三言兩語,熊武功內心微寒,對這批人的評價再上一層。
「呵呵,不是普通人也要吃飯,也要過日子,也要.……」
「我不是要干涉你的生活。」
牛犇打斷說道:「你是不是擔心不答應幫忙,會被滅口?」
熊武功奇怪說道:「怕被滅口,我怎麼會不答應?」
牛犇笑了笑,說道:「你不是不答應,是不想隨隨便便答應。」
「不答應不一定有事,胡說八道才會死。」小托馬斯愛多嘴,總是把別人明白的內容說的更明白。
「都不會。」牛犇搖了搖頭,說道:「不管你答不答應,最多關你一段時間。」
平平淡淡的語氣,聽著卻有一股令人信服的味道。熊武功不斷在心裡提醒自己不能相信對方,嘴裡卻不由自主問道。
「為什麼?」
「我們自己有辦法。當然,你願意幫忙最好。」牛犇淡淡說道。
這句話有點傷人,意思是:別把自己看的太重。背後還有一層含義,既然無足輕重,自然也就用不著滅口。
熊武功並不覺得屈辱,但也難免有些失望。他望著牛犇,試圖從其表情分辨些什麼,可惜結果只有失望。
「聯邦軍隊離開時留不少人,但被清理的差不多了。況且.……」
意猶未盡的原因很多,熊武功故意停下來,想看看牛犇能聽懂多少。牛犇也在看著他,平靜說道:「聯邦是打了敗仗,內部存在很多問題,但你不要把聯邦想的太無能。況且,天門畢竟是聯邦領土,城內九成以上是我們的人。」
「九成?」熊武功冷笑起來:「看來你不知道城內的人怎麼才能渡過水災。」
聽到這句話,屋內忽然安靜下來,愛與人抬扛的小托馬斯歪了歪嘴,想說但是沒有開口。
水患數月,天門四面漏風,最嚴重時,天門市全城停水停電,食物、藥品、暴亂,區分的話,有軍隊管控的時間段還好,但在中途,聯邦撤軍、帝國入主之間的那段空白期,慘狀根本無法描述。
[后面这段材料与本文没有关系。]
-- ===== src/Services/Compliance.antt =====
-- app/application/compliance_service.py, with the queries of
-- app/infrastructure/db/repositories/terms_acceptances.py. `now` is the value of utcnow().
use orchestract.Common.{
  ℕ, Bool, ◌&&◌, Option, none, some, List, [], ◌∷◌, ◌==◌, any, filter, Text, text_eq, Result, ok,
  ◌>>=◌, or_raise, integrity_error,
}
use orchestract.Services.{Store}
use orchestract.Compliance.{TermsAcceptance, record_acceptance, current_terms_version}

abbrev pub is_acceptance_of : ℕ → Text → TermsAcceptance → Bool
is_acceptance_of user_id version a = a.user_id == user_id && text_eq a.version version

abbrev pub is_by_user : ℕ → TermsAcceptance → Bool
is_by_user user_id a = a.user_id == user_id

-- limit(1)
abbrev first_row {ℓ} : {A : Type ℓ} → List A → Option A
first_row [] = none
first_row (a ∷ l) = some a

module _ {S : Type 0} (store : Store S) where
  -- ComplianceService.record_acceptance
  unfoldable pub accept_terms :
      ℕ → ℕ → Option Text → Option Text → Text → ℕ → S → Result (TermsAcceptance × S)
  accept_terms user_id organization_id ip_address user_agent version now s = do
    let a = record_acceptance user_id organization_id version ip_address user_agent now
    s' ← or_raise (store.terms_acceptances.add a s) integrity_error
    ok (a, s')

  unfoldable pub has_accepted : ℕ → Text → S → Bool
  has_accepted user_id version s =
      any (is_acceptance_of user_id version) (store.terms_acceptances.rows s)

  unfoldable pub has_accepted_current : ℕ → S → Bool
  unfolding has_accepted current_terms_version
  has_accepted_current user_id s = has_accepted user_id current_terms_version s

  -- `latest_first` is order_by(TermsAcceptance.accepted_at.desc()).
  unfoldable pub latest_acceptance :
      (List TermsAcceptance → List TermsAcceptance) → ℕ → S → Option TermsAcceptance
  latest_acceptance latest_first user_id s =
      first_row (latest_first (filter (is_by_user user_id) (store.terms_acceptances.rows s)))
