-- ===== src/Services/Roles.antt =====
-- app/application/role_service.py, with the query get_by_slug of
-- app/infrastructure/db/repositories/roles.py.
use orchestract.Common.{
  ℕ, Bool, true, false, not, ◌&&◌, Option, none, some, ◌==◌, if◌then◌else◌, Text, text_eq, is_empty,
  strip, slugify, Result, ok, ◌>>=◌, ◌>>◌, raise_if, or_raise, not_found, role, duplicate_role_name,
  integrity_error,
}
use orchestract.Session.{select_where, scalar_one_or_none}
use orchestract.Users.Role.{Role, set_agent}
use orchestract.Users.Role as Role
use orchestract.Services.{Store}

abbrev pub has_role_slug : ℕ → Text → Role → Bool
has_role_slug organization_id slug r = r.organization_id == organization_id && text_eq r.slug slug

-- existing is not None
abbrev pub is_some {ℓ} : {A : Type ℓ} → Option A → Bool
is_some none = false
is_some (some _) = true

-- clash is not None and clash.id != role_id
abbrev pub is_other_role : ℕ → Option Role → Bool
is_other_role n none = false
is_other_role n (some r) = not (r.id == n)

module _ {S : Type 0} (store : Store S) where
  unfoldable pub get_role_by_slug : ℕ → Text → S → Result (Option Role)
  get_role_by_slug organization_id slug s =
      scalar_one_or_none (select_where store.roles (has_role_slug organization_id slug) s)

  -- The guard takes the name as it was given, and Role.create the name without outer space.
  unfoldable pub create_role : ℕ → Text → Option Text → Option ℕ → S → Result (Role × S)
  create_role organization_id name description agent_id s = do
    existing ← get_role_by_slug organization_id (slugify name) s
    raise_if (is_some existing) (duplicate_role_name name)
    r ← Role.create 0 organization_id name description agent_id
    (n, s') ← or_raise (store.roles.add r s) integrity_error
    ok (record r { id = n }, s')

  -- RoleService.get
  unfoldable pub get_role : ℕ → S → Result Role
  get_role role_id s = or_raise (store.roles.get role_id s) (not_found role role_id)

  unfoldable pub rename_role : ℕ → Text → S → Result (Role × S)
  rename_role role_id new_name s = do
    r ← get_role role_id s
    r' ← Role.rename new_name r
    ok (r', store.roles.save role_id r' s)

  -- The guard of `update_role`.
  unfoldable pub guard_role_slug : ℕ → Role → Text → S → Result (Unit {0})
  guard_role_slug role_id r trimmed s = if is_empty trimmed then ok tt else (do
    clash ← get_role_by_slug r.organization_id (slugify trimmed) s
    raise_if (is_other_role role_id clash) (duplicate_role_name trimmed))

  unfoldable pub update_role : ℕ → Text → Option Text → Option ℕ → S → Result (Role × S)
  update_role role_id name description agent_id s = do
    r ← get_role role_id s
    guard_role_slug role_id r (strip name) s
    r' ← Role.rename name r
    let r'' = set_agent agent_id (Role.set_description description r')
    ok (r'', store.roles.save role_id r'' s)

  -- RoleService.set_agent
  unfoldable pub set_role_agent : ℕ → Option ℕ → S → Result (Role × S)
  set_role_agent role_id agent_id s = do
    r ← get_role role_id s
    ok (set_agent agent_id r, store.roles.save role_id (set_agent agent_id r) s)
這些事情,經過帝國的報道后被全世界所知,反倒是那些戰爭中的人,由於消息閉塞、或者有意隱瞞而不知曉。
牛犇的神情也有變化,眼角跳動幾次。
「你想說的我知道。」
片刻后,他對熊武功說道:「水患的傷害,帶來的民憤民怨,我比任何人都更清楚。」
「你比任何人都更清楚?」熊武功很不服氣:「水災的時候你進城看過?還是事後聽別人說?」
「水是我放的,我當然清楚。」牛犇平靜說道。
「水是你放的你就清楚?」熊武功覺得莫名其妙,問著的時候忽然瞪大眼睛:「水是你放的?」
「嗯。」牛犇點點頭。
「你!」
望著那張近在咫尺的面孔,熊武功劇烈喘息,很久才強壓下心頭躁動。
「你、可、真、狠!」
牛犇沒有回應這句話,也沒有迴避熊武功的視線,雙方就這樣對視片刻,最終熊武功意識到,自己眼神中的質問並不能給對方造成殺傷。
「.……為了勝利,不擇手段.……」
呢喃好似自言自語,熊武功慘笑著說道:「我沒資格說你。不過我不明白,為什麼水是你放的,就比別人更清楚?」
牛犇皺了皺眉,神情變幻,似乎遇到難以回答的問題。
「怎麼?不敢說?還是不能說?」終於抓住對方短處,熊武功迫切地追問。
牛犇搖搖頭,說道:「如果是你下令,你也會很清楚。」
「為什麼?」熊武功追問。
「不為什麼。」
牛犇再次搖頭,正要說下去,葉飛衝進去的那間屋子裡出來,身後跟著得福。
「成了。讓這傢伙見識見識。」
說著從得福懷裡拿過來光腦,接入熊武功的工卡,輕點幾次,身份信息、包括履歷全部呈現在屏幕上。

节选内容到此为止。